"Bibi lihat ini, cincin yang di kasih mas Erich buat aku dan dia juga minta aku untuk temenin dia sampai nanti dia tua." Julia berkata sambil mengangkat tangannya ke atas menunjukan cincin pernikahan yang di berikan Erich padanya.
***
"Bibi ikut senang kalau memang kalian sudah baik-baik saja, tapi kalau nanti kamu gak merasa bahagia sama pernikahanmu kamu harus bilang sama paman dan bibi." Kata bik Yani.
Hehehehehee.... Tawa kecil Julia.
"Siap bik."
"Bibi gak mau loh kamu kaya kemarin lagi menghilang gitu aja, buat bibi khawatir."
"Iya bik, maafin aku ya. Aku udah nyusahin kalian semua." Kali ini Julia berkata sambil memeluk bik Yani dari samping dan menyandarkan kepalanya dipundak bik Yani.
"Ya sudah, ayo bawah minuman sama kuenya ke depan. Kasihan loh suamimu pasti nunggu."
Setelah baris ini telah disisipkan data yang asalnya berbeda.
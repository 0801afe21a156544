-- ===== src/Exchange/Response.antt =====
-- `handle_server_response` (src/anj/exchange.c): a message that arrives while a client request
-- waits. The function is one sequence of guarded steps; each part from a `goto` target or a block of
-- the C code is a definition of its own, in the order of the code.
use anjay_lite.Base.{
  ◌+◌, ◌%◌, ◌^◌, Bool, true, false, not, ◌&&◌, ◌||◌, none, some, ◌==◌, leb, ltb, if◌then◌else◌,
}
use anjay_lite.Coap.{
  Msg, confirmable, block_not_defined, block_1, block_2, is_block_option, is_op, inf_con_notify,
  response, coap_reset, coap_empty_msg, tokens_equal, code_ipatch, code_bad_request,
  code_service_unavailable,
}
use anjay_lite.Exchange.{
  Ctx, Platform, waiting_send_confirmation, success, error_server_response, error_request,
  block_transfer_needed, call_completion, call_write, call_read, contents, finalize_exchange,
  reset_exchange_params, store_response, next_msg_id,
}

unfoldable pub is_separate_response_mode : Msg → Bool
is_separate_response_mode msg = elim msg.udp_type [ confirmable ↦ true | _ ↦ false ]

module _ {A : Type 0} where
  -- `send_empty_ack:`
  unfoldable pub send_empty_ack : Ctx A → Msg → Ctx A × Msg
  send_empty_ack ctx msg = (
    record ctx { state = waiting_send_confirmation },
    record msg {
      operation = coap_empty_msg;
      block = record msg.block { block_type = block_not_defined };
    },
  )

  -- `send_service_unavailable:`, the same in `handle_server_request`
  unfoldable pub send_service_unavailable : Platform → Ctx A → Msg → Ctx A × Msg
  send_service_unavailable p ctx msg =
      let msg' = record msg {
        operation = response;
        msg_code = code_service_unavailable;
        payload_size = 0;
        block = record msg.block { block_type = block_not_defined };
      } in
      (store_response p (record ctx { state = waiting_send_confirmation }) msg', msg')

  -- The next request: a new message identifier and, if there is a random number, a new token. With
  -- none the exchange is finalized, and the message is copied all the same.
  unfoldable pub send_next_request : Platform → Ctx A → Ctx A × Msg
  send_next_request p ctx =
      let ctx' = reset_exchange_params p (record ctx { state = waiting_send_confirmation }) in
      let mid = next_msg_id ctx' in
      let sent = record ctx.base_msg { message_id = mid } in
      elim p.random_token [
        | none ↦
            let base = record sent { token = record sent.token { size = 8 } } in
            (
              finalize_exchange (record ctx' { msg_id = mid; base_msg = base }) none error_request,
              base,
            )
        | some bytes ↦
            let base = record sent { token = record { size = 8; bytes = bytes } } in
            (record ctx' { msg_id = mid; base_msg = base }, base)
      ]

  -- From "if (ctx->block_transfer || ctx->base_msg.payload_size != 0)" on.
  unfoldable pub continue_exchange : Platform → Ctx A → Msg → Ctx A × Msg
  continue_exchange p ctx msg =
      if ctx.block_transfer || not (ctx.base_msg.payload_size == 0)
      then (if not ctx.request_prepared && is_separate_response_mode msg
          then send_empty_ack (record ctx { request_prepared = true }) msg
          else send_next_request p ctx)
      else if is_separate_response_mode msg
      then send_empty_ack
          (record ctx {
            arg = call_completion ctx.handlers.completion ctx.arg (some msg) success;
            handlers = record ctx.handlers { completion = none };
            confirmable = false;
          })
          msg
      else (finalize_exchange ctx (some msg) success, msg)

  -- "if (in_out_msg->payload_size)": a block of the response
  unfoldable pub take_response_block : Platform → Ctx A → Msg → Ctx A × Msg
  take_response_block p ctx msg =
      let (arg, result) =
        call_write ctx.handlers.write_payload ctx.arg (contents ctx msg.payload) msg.payload_size
          (not ctx.block_transfer) in
      let next = (ctx.block_number + 1) % 2 ^ 32 in
      let ctx' = record ctx {
        arg = arg;
        block_number = next;
        base_msg = record ctx.base_msg {
          block = record {
            more_flag = false;
            number = next;
            block_type = block_2;
            size = msg.block.size;
          };
        };
      } in
      if result == 0
      then continue_exchange p ctx' msg
      else (finalize_exchange ctx' none error_request, msg)

  -- "else if (ctx->block_transfer)": the next block of the request
  unfoldable pub send_request_block : Platform → Ctx A → Msg → Ctx A × Msg
  send_request_block p ctx msg =
      let r = call_read ctx.handlers.read_payload ctx.arg ctx.payload_buff ctx.block_size in
      let next = (ctx.block_number + 1) % 2 ^ 32 in
      let needed = r.code == block_transfer_needed in
      let ctx' = record ctx {
        arg = r.arg;
        payload_buff = r.buff;
        block_number = next;
        block_transfer = if needed then true else if r.code == 0 then false else ctx.block_transfer;
        base_msg = record ctx.base_msg {
          payload_size = r.out.payload_len;
          content_format = r.out.format;
          block = record {
            more_flag = needed;
            number = next;
            block_type = block_1;
            size = ctx.block_size;
          };
        };
      } in
      if needed || r.code == 0
      then continue_exchange p ctx' msg
      else (finalize_exchange ctx' none error_request, msg)

  -- From the assignment of `ctx->block_transfer` on. For BLOCK1 the flag of the context decides, not
  -- the one of the message.
  unfoldable pub transfer_block : Platform → Ctx A → Msg → Ctx A × Msg
  transfer_block p ctx msg =
      let ctx' = record ctx {
        block_transfer =
            is_block_option msg.block.block_type block_2 && msg.block.more_flag
            || is_block_option msg.block.block_type block_1 && ctx.block_transfer;
        base_msg = record ctx.base_msg { payload_size = 0 };
      } in
      if not (msg.payload_size == 0)
      then take_response_block p ctx' msg
      else if ctx'.block_transfer
      then send_request_block p ctx' msg
      else continue_exchange p ctx' msg

  -- `handle_server_response`
  unfoldable pub handle_server_response : Platform → Ctx A → Msg → Ctx A × Msg
  handle_server_response p ctx msg =
      if is_op msg.operation coap_empty_msg
      then (if is_op ctx.base_msg.operation inf_con_notify
          then (finalize_exchange ctx (some msg) success, msg)
          else (reset_exchange_params p ctx, msg))
      else if is_op msg.operation coap_reset
      then (finalize_exchange ctx (some msg) error_server_response, msg)
      else if not (tokens_equal msg.token ctx.base_msg.token)
      then (if ltb code_ipatch msg.msg_code then (ctx, msg) else send_service_unavailable p ctx msg)
      else if leb code_bad_request msg.msg_code
      then (finalize_exchange ctx (some msg) error_server_response, msg)
      else if not (ctx.block_number == msg.block.number)
      then (ctx, msg)
      else transfer_block p ctx msg
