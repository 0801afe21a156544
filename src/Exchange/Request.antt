-- ===== src/Exchange/Request.antt =====
-- `handle_server_request` (src/anj/exchange.c): a message that arrives while a server request is
-- answered in blocks.
use anjay_lite.Base.{
  ℕ, ◌+◌, ◌-◌, ◌%◌, ◌^◌, Bool, true, false, not, ◌&&◌, ◌||◌, ◌==◌, leb, if◌then◌else◌,
}
use anjay_lite.Coap.{
  Op, Msg, block_not_defined, block_1, block_2, block_both, is_block_option, own_buffer, op_code,
  is_op, dm_read, dm_read_comp, inf_non_con_notify, inf_observe, inf_observe_comp,
  inf_cancel_observe, inf_cancel_observe_comp, inf_initial_notify, response, code_empty,
  code_continue, code_content, code_bad_request,
}
use anjay_lite.Exchange.{
  Ctx, Platform, waiting_send_confirmation, block_transfer_needed, call_write, call_read, contents,
  reset_exchange_params, store_response, with_created,
}
use anjay_lite.Exchange.Response.{send_service_unavailable}

-- The operation of the answer to a request.
unfoldable pub response_operation : Op → Op
response_operation op =
    if is_op op inf_observe || is_op op inf_observe_comp then inf_initial_notify else response

-- A Read that goes on with a notification or an observation.
unfoldable pub continues_observation : (ongoing received : Op) → Bool
continues_observation ongoing received =
    (is_op ongoing inf_non_con_notify
      || is_op ongoing inf_observe
      || is_op ongoing inf_observe_comp
      || is_op ongoing inf_cancel_observe
      || is_op ongoing inf_cancel_observe_comp)
    && (is_op received dm_read || is_op received dm_read_comp)

module _ {A : Type 0} where
  -- `send_response:`
  unfoldable pub send_response :
      Platform → Ctx A → Msg → (response_code payload_size : ℕ) → Ctx A × Msg
  send_response p ctx msg response_code payload_size =
      let ctx' = reset_exchange_params p (record ctx { state = waiting_send_confirmation }) in
      let failed = leb code_bad_request response_code in
      let msg' = record msg {
        operation = response_operation msg.operation;
        msg_code = response_code;
        payload_size = if failed then 0 else payload_size;
        block = if failed then record msg.block { block_type = block_not_defined } else msg.block;
      } in
      let ctx'' = record ctx' {
        block_transfer = if failed then false else ctx'.block_transfer;
        msg_code = if failed then response_code else ctx'.msg_code;
      } in
      (store_response p ctx'' msg', msg')

  -- "if (response_code != ANJ_COAP_CODE_CONTINUE)": the payload of the answer, after the last block
  -- of the request
  unfoldable pub read_response : Platform → Ctx A → Msg → (response_code : ℕ) → Ctx A × Msg
  read_response p ctx msg response_code =
      let r = call_read ctx.handlers.read_payload ctx.arg ctx.payload_buff ctx.block_size in
      let needed = r.code == block_transfer_needed in
      let filled = record msg {
        payload = own_buffer;
        content_format = r.out.format;
        attr = with_created r.out msg.attr;
      } in
      let ctx' = record ctx { arg = r.arg; payload_buff = r.buff } in
      let code = if r.out.payload_len == 0 then response_code else code_content in
      if needed
      then send_response p (record ctx' { block_transfer = true })
          (record filled {
            block =
                if is_block_option msg.block.block_type block_1
                then record msg.block { block_type = block_both; size = ctx.block_size }
                else record {
                  more_flag = true;
                  number = ctx.block_number;
                  block_type = block_2;
                  size = ctx.block_size;
                };
          })
          code r.out.payload_len
      else if not (r.code == 0)
      then send_response p ctx' filled r.code r.out.payload_len
      else send_response p (record ctx' { block_transfer = false })
          (record filled { block = record msg.block { more_flag = false } }) code r.out.payload_len

  -- "if (in_out_msg->payload_size != 0)": a block of the request
  unfoldable pub write_request : Platform → Ctx A → Msg → Ctx A × Msg
  write_request p ctx msg =
      let last = not msg.block.more_flag in
      let transfer = if last then false else ctx.block_transfer in
      let (arg, result) =
        call_write ctx.handlers.write_payload ctx.arg (contents ctx msg.payload) msg.payload_size
          (not transfer) in
      let ctx' = record ctx {
        arg = arg;
        block_transfer = transfer;
        block_number = if last then 0 else ctx.block_number;
      } in
      if not (result == 0)
      then send_response p ctx' msg result 0
      else (let code = if transfer then code_continue else ctx.msg_code in
          if code == code_continue
          then send_response p ctx' msg code 0
          else read_response p ctx' msg code)

  -- From "ctx->block_number++" on.
  unfoldable pub next_request_block : Platform → Ctx A → Msg → Ctx A × Msg
  next_request_block p ctx msg =
      let ctx' = record ctx { block_number = (ctx.block_number + 1) % 2 ^ 32 } in
      if not (ctx'.block_number == msg.block.number)
      then (record ctx' { block_number = (ctx'.block_number + 2 ^ 32 - 1) % 2 ^ 32 }, msg)
      else if msg.payload_size == 0
      then read_response p ctx' msg code_empty
      else write_request p ctx' msg

  -- `handle_server_request`
  unfoldable pub handle_server_request : Platform → Ctx A → Msg → Ctx A × Msg
  handle_server_request p ctx msg =
      if not (is_op msg.operation ctx.op) && not (continues_observation ctx.op msg.operation)
      then (if leb (op_code response) (op_code msg.operation)
          then (ctx, msg)
          else send_service_unavailable p ctx msg)
      else next_request_block p ctx msg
Setelah perbincangan kecil di dapur akhirnya teh dan kopi buatan Julia dan bik Yani pun tersaji di atas meja tidak lupa juga kue tart yang tadi si belikan Julia untuk bibinya sebagai pelengkap perbincangan mereka sore itu.
"Wah ini kue kesukaan bibimu." Kata paman Bimo saat melihat kue tart yang tertata rapi di piring.
"Iya dong kan emang sengaja aku beliin ini buat bibi." Kata Julia sambil duduk di samping Erich.
"Buk." Panggil paman Bimo pada bik Yani.
"Iya pak." Jawab bik Yani.
"Sepertinya ada yang sudah baikan." Kata paman Bimo karna melihat senyum di wajah kedua ponakannya.
Seketika tawa mereka semua pecah karna candaan paman Bimo.
"Paman bisa aja." Kata Erich, jangan ditanya seberapa merah wajah mereka berdua sekarang.
"Nak, paman sama bibimu sudah tua. Impian kita berdua cuma satu."
"Apa itu?" Tanya Julia.
"Kepingin nimang cucu, iyakan buk?"
Lagi-lagi semburat merah itu muncul di wajah Erich dan Julia.
"Iya pak." Kata bik Yani sambil tersenyum kecil.
"Ehm... Paman sama bibi doain aja." Kali ini Erich memberanikan diri untuk membuka suara.
"Ayo di minum teh nya keburu dingin." Kata bik Yani mencoba mencairkan suasana.
Sore itu di isi dengan tawa dan canda sesekali terdengar ledekan-ledekan kecil dari paman Bimo dan bik Yani.
Lama mereka berbincang-bincang hingga teh dan kopi yang ada di cangkir masing-masing tandas tak tersisa.
tanpa disadari senja mulai tampak di langit yang sebelumnya membiru, akhirnya perbincangan mereka terhenti dengan kata pamit dari Erich dan Julia.
"Hati-hati di jalan nak, jaga dirimu baik-baik." Kata bik Yani, saat Erich dan Julia berpamitan.
"Iya bik. Paman sama bibi juga jaga kesehatan nanti kapan-kapan aku sama mas Erich kesini lagi." Kata Julia.
"Kalau kalian kesini lagi, harus sudah ada kabar gembira buat paman sama bibi." Kata paman Bimo.
"Iya paman. Doain aja." Jawab Erich
Erich dan Juliapun meninggalkan rumah paman dan bibi.
"Mas persediaan makanan di kulkas udah habis." Kata Julia saat di perjalanan.
"Mau belanja?" Tanya Erich.
"Iya mas tapi jam segini pasar yang lain udah tutup." Kata Julia.
"Ya udah kita belanja ke supermarket aja atau gak ke mall." Kata Erich menawarkan.
"Kemahalan mas." Jawab Julia.
"Gak apa-apa dong, mulai sekarang aku larang kamu belanja ke pasar." Kata Erich dengan nada tegas yang di buat-buat.
"Loh kenapa?" Tanya Julia.
"Ya gak kenapa-napa. pokoknya gak boleh kamu harus belanja ke supermarket atau gak ke mall titik." Kata Erich.
"Ya udah kalau gitu." Jawab Julia.
"Gimana jadi belanja gak?" Tanya Erich lagi.
"Ya jadi dong, kalau gak belanja besok mau sarapan apa."